WHAT TO PRODUCE: Present exactly, and only, the lines running from the line that contains "-- When the" through the end of the entries below.
RECORDED INFORMATION Start Marker
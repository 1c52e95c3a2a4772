-- ===== src/Camera/Trigger/Scheduling.antt =====
-- The turns of the threads of Runtime/src/camera/timedTriggerSource.cpp.
use vision_runtime.Prelude.{
  ℕ, ◌+◌, ◌≤◌, Bool, true, false, ◌||◌, ◌≡◌, ◌≢◌, refl, ap, ◌∙◌, List, [], ◌∷◌, ◌++◌, arith,
  Bool-cases, inl, inr, if◌then◌else◌,
}
use vision_runtime.Core.Status.{Status, Result, success, failure, with_context}
use vision_runtime.Camera.Trigger.{
  Scheduler, absent, waits_for_start, triggering, waits_for_response, waits_for_callback,
  waits_for_deadline, ended, failing, CameraThread, idle, delivered, delivering, Source, Event,
  schedules, times_out, arrives, camera_moves, stops, create, check_start, start, request_stop,
  next_round, trigger_returns, hear_response, hear_callback, move_scheduler, time_out, arrive,
  move_camera, is_idle, step, play,
}

abbrev pub successes {ℓ} : {A : Type ℓ} → List (Result A) → ℕ
successes [] = 0
successes (success a ∷ rs) = successes rs + 1
successes (failure s ∷ rs) = successes rs

successes-snoc :
    {A : Type 0} (rs : List (Result A)) (r : Result A)
    → successes (rs ++ r ∷ []) ≡ successes rs + successes (r ∷ [])
successes-snoc [] r = omega arith
successes-snoc (success a ∷ rs) r = omega (arith, successes-snoc rs r)
successes-snoc (failure s ∷ rs) r = successes-snoc rs r

-- The scheduling thread ends, or delivers an error, only when no frame is accepted any more.
abbrev closes : Scheduler → Bool → Bool → Bool
closes ended stop terminal = stop || terminal
closes (failing s) stop terminal = terminal
closes absent stop terminal = true
closes waits_for_start stop terminal = true
closes triggering stop terminal = true
closes waits_for_response stop terminal = true
closes waits_for_callback stop terminal = true
closes waits_for_deadline stop terminal = true

module _ {F : Type 0} where
  abbrev pub in_delivery : CameraThread F → ℕ
  in_delivery (delivering f) = successes (f ∷ [])
  in_delivery idle = 0
  in_delivery delivered = 0

  -- The frames that were accepted from the camera.
  abbrev pub frames_taken : Source F → ℕ
  frames_taken e = successes e.calls + in_delivery e.camera

  record IsScheduled (e : Source F) : Type 0 where
    paced : frames_taken e + (if e.response_arrived then 0 else 1) ≤ e.triggers + 1
    closing : closes e.scheduler e.stop_requested e.terminal ≡ true

  next_round-IsScheduled : (e : Source F) → IsScheduled e → IsScheduled (next_round e)
  unfolding next_round
  next_round-IsScheduled e i = ground (arith, i.paced, i.closing)

  fails-IsScheduled :
      (s : Status) (e : Source F)
      → e.terminal ≡ true
      → IsScheduled e
      → IsScheduled (move_scheduler (failing s) (success tt) e)
  unfolding move_scheduler
  fails-IsScheduled s e t i = record {
    paced = omega (arith, i.paced, successes-snoc e.calls (failure s));
    closing = ground (arith, t);
  }

  either_way :
      (b : Bool) (e e' : Source F)
      → IsScheduled e
      → IsScheduled e'
      → IsScheduled (if b then e else e')
  either_way true e e' i j = i
  either_way false e e' i j = j

  scheduler-IsScheduled :
      (w : Scheduler) (r : Result (Unit {0})) (e : Source F)
      → e.scheduler ≡ w
      → IsScheduled e
      → IsScheduled (move_scheduler w r e)
  unfolding move_scheduler trigger_returns hear_response hear_callback
  scheduler-IsScheduled absent r e q i = i
  scheduler-IsScheduled ended r e q i = i
  scheduler-IsScheduled waits_for_start r e q i =
      either_way (e.activated || e.stop_requested) (next_round e) e (next_round-IsScheduled e i) i
  scheduler-IsScheduled triggering (success u) e q i = record { paced = i.paced; closing = refl }
  scheduler-IsScheduled triggering (failure s) e q i = ground (arith, i.paced)
  scheduler-IsScheduled (failing s) r e q i = fails-IsScheduled s e (ground (arith, q, i.closing)) i
  scheduler-IsScheduled waits_for_response r e q i = ground (arith, i.paced, i.closing)
  scheduler-IsScheduled waits_for_callback r e q i = ground (arith, i.paced, i.closing)
  scheduler-IsScheduled waits_for_deadline r e q i =
      either_way (e.stop_requested || e.terminal) (next_round e) e (next_round-IsScheduled e i) i

  time_out-IsScheduled : (w : Scheduler) (e : Source F) → IsScheduled e → IsScheduled (time_out w e)
  unfolding time_out hear_response
  time_out-IsScheduled waits_for_response e i = ground (arith, i.paced, i.closing)
  time_out-IsScheduled waits_for_deadline e i = next_round-IsScheduled e i
  time_out-IsScheduled absent e i = i
  time_out-IsScheduled ended e i = i
  time_out-IsScheduled waits_for_start e i = i
  time_out-IsScheduled triggering e i = i
  time_out-IsScheduled waits_for_callback e i = i
  time_out-IsScheduled (failing s) e i = i

  -- A frame is accepted only while none has arrived since the last trigger.
  arrive-IsScheduled :
      (f : Result F) (e : Source F)
      → is_idle e.camera ≡ true
      → IsScheduled e
      → IsScheduled (arrive f e)
  unfolding arrive
  arrive-IsScheduled (success f) e q i = ground (arith, q, i.paced, i.closing)
  arrive-IsScheduled (failure s) e q i = ground (arith, q, i.paced, i.closing)

  camera-IsScheduled :
      (c : CameraThread F) (e : Source F)
      → e.camera ≡ c
      → IsScheduled e
      → IsScheduled (move_camera c e)
  unfolding move_camera
  camera-IsScheduled idle e q i = i
  camera-IsScheduled (delivering f) e q i = record {
    paced = omega (arith, i.paced, ap in_delivery q, successes-snoc e.calls f);
    closing = i.closing;
  }
  camera-IsScheduled delivered e q i = record {
    paced = omega (arith, i.paced, ap in_delivery q);
    closing = i.closing;
  }

  step-IsScheduled : (v : Event F) (e : Source F) → IsScheduled e → IsScheduled (step v e)
  unfolding step request_stop
  step-IsScheduled (schedules r) e i = scheduler-IsScheduled e.scheduler r e refl i
  step-IsScheduled times_out e i = time_out-IsScheduled e.scheduler e i
  step-IsScheduled (arrives f) e i = elim (Bool-cases (is_idle e.camera)) [
    | inl free ↦ simp free (arrive-IsScheduled f e free i)
    | inr busy ↦ simp busy i
  ]
  step-IsScheduled camera_moves e i = camera-IsScheduled e.camera e refl i
  step-IsScheduled stops e i = ground (arith, i.paced, i.closing)

  play-IsScheduled : (vs : List (Event F)) (e : Source F) → IsScheduled e → IsScheduled (play vs e)
  unfolding play
  play-IsScheduled [] e i = i
  play-IsScheduled (v ∷ vs) e i = play-IsScheduled vs (step v e) (step-IsScheduled v e i)

  -- A source that was started, with the answer of `startAcquisition`.
  abbrev pub started_source : Result (Unit {0}) → Source F
  started_source answer = (start true answer create).0

  start-IsScheduled : (answer : Result (Unit {0})) → IsScheduled (started_source answer)
  unfolding start check_start create
  start-IsScheduled (success u) = record { paced = omega arith; closing = refl }
  start-IsScheduled (failure s) = record { paced = omega arith; closing = refl }

  -- Whatever the order of the turns after `start`, the camera has at most one frame accepted for each
  -- trigger, and one before the first trigger.
  pub one_frame_per_trigger :
      (answer : Result (Unit {0})) (vs : List (Event F))
      → let e = play vs (started_source answer) in frames_taken e ≤ e.triggers + 1
  one_frame_per_trigger answer vs =
      let i = play-IsScheduled vs (started_source answer) (start-IsScheduled answer) in
      omega (arith, i.paced)

  quiet_step :
      (v : Event F) (e : Source F)
      → e.scheduler ≡ ended
      → e.camera ≡ idle
      → (e.stop_requested || e.terminal) ≡ true
      → ((step v e).scheduler ≡ ended)
        × ((step v e).camera ≡ idle)
        × (((step v e).stop_requested || (step v e).terminal) ≡ true)
        × ((step v e).calls ≡ e.calls)
  unfolding step move_scheduler time_out arrive move_camera request_stop
  quiet_step v e s c h = ground (arith, s, c, h)

  quiet_play :
      (vs : List (Event F)) (e : Source F)
      → e.scheduler ≡ ended
      → e.camera ≡ idle
      → (e.stop_requested || e.terminal) ≡ true
      → (play vs e).calls ≡ e.calls
  unfolding play
  quiet_play [] e s c h = refl
  quiet_play (v ∷ vs) e s c h =
      let (s', c', h', same) = quiet_step v e s c h in quiet_play vs (step v e) s' c' h' ∙ same

  -- Once the scheduling thread has ended and the camera's thread is not in `onDeviceFrame`, as when
  -- `wait` returns, the callback gets nothing more, whatever happens afterwards.
  pub wait_is_final :
      (answer : Result (Unit {0})) (vs ws : List (Event F))
      → let e = play vs (started_source answer) in
        e.scheduler ≡ ended → e.camera ≡ idle → (play ws e).calls ≡ e.calls
  wait_is_final answer vs ws s c =
      let i = play-IsScheduled vs (started_source answer) (start-IsScheduled answer) in
      quiet_play ws (play vs (started_source answer)) s c (ground (arith, s, i.closing))

  -- Once a stop is requested, two turns of the scheduling thread end it, wherever it stands after
  -- `start` and whatever the camera answers.
  pub stop_ends_scheduling :
      (r r' : Result (Unit {0})) (e : Source F)
      → e.stop_requested ≡ true
      → e.scheduler ≢ absent
      → (play (schedules r ∷ schedules r' ∷ []) e).scheduler ≡ ended
  unfolding play step move_scheduler next_round trigger_returns hear_response hear_callback
  stop_ends_scheduling r r' e h a = ground (arith, h, a)

  -- When the camera reports a failure while `softwareTrigger` is running, and `softwareTrigger` fails
  -- too, both threads are about to call the callback at the same time, each with its failure.
  pub failures_at_once :
      (s t : Status) (e : Source F)
      → e.scheduler ≡ triggering
      → e.camera ≡ idle
      → e.stop_requested ≡ false
      → e.terminal ≡ false
      → e.response_arrived ≡ false
      → let e' = play (arrives (failure s) ∷ schedules (failure t) ∷ []) e in
        (e'.camera ≡ delivering (failure s))
        × (e'.scheduler ≡ failing (with_context t "software trigger failed"))
  unfolding play step arrive move_scheduler trigger_returns
  failures_at_once s t e w c h k a = ground (arith, w, c, h, k, a)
RECORDED INFORMATION End Marker
TASK RESULT:
  -- When the camera reports a failure while `softwareTrigger` is running, and `softwareTrigger` fails
  -- too, both threads are about to call the callback at the same time, each with its failure.
  pub failures_at_once :
      (s t : Status) (e : Source F)
      → e.scheduler ≡ triggering
      → e.camera ≡ idle
      → e.stop_requested ≡ false
      → e.terminal ≡ false
      → e.response_arrived ≡ false
      → let e' = play (arrives (failure s) ∷ schedules (failure t) ∷ []) e in
        (e'.camera ≡ delivering (failure s))
        × (e'.scheduler ≡ failing (with_context t "software trigger failed"))
  unfolding play step arrive move_scheduler trigger_returns
  failures_at_once s t e w c h k a = ground (arith, w, c, h, k, a)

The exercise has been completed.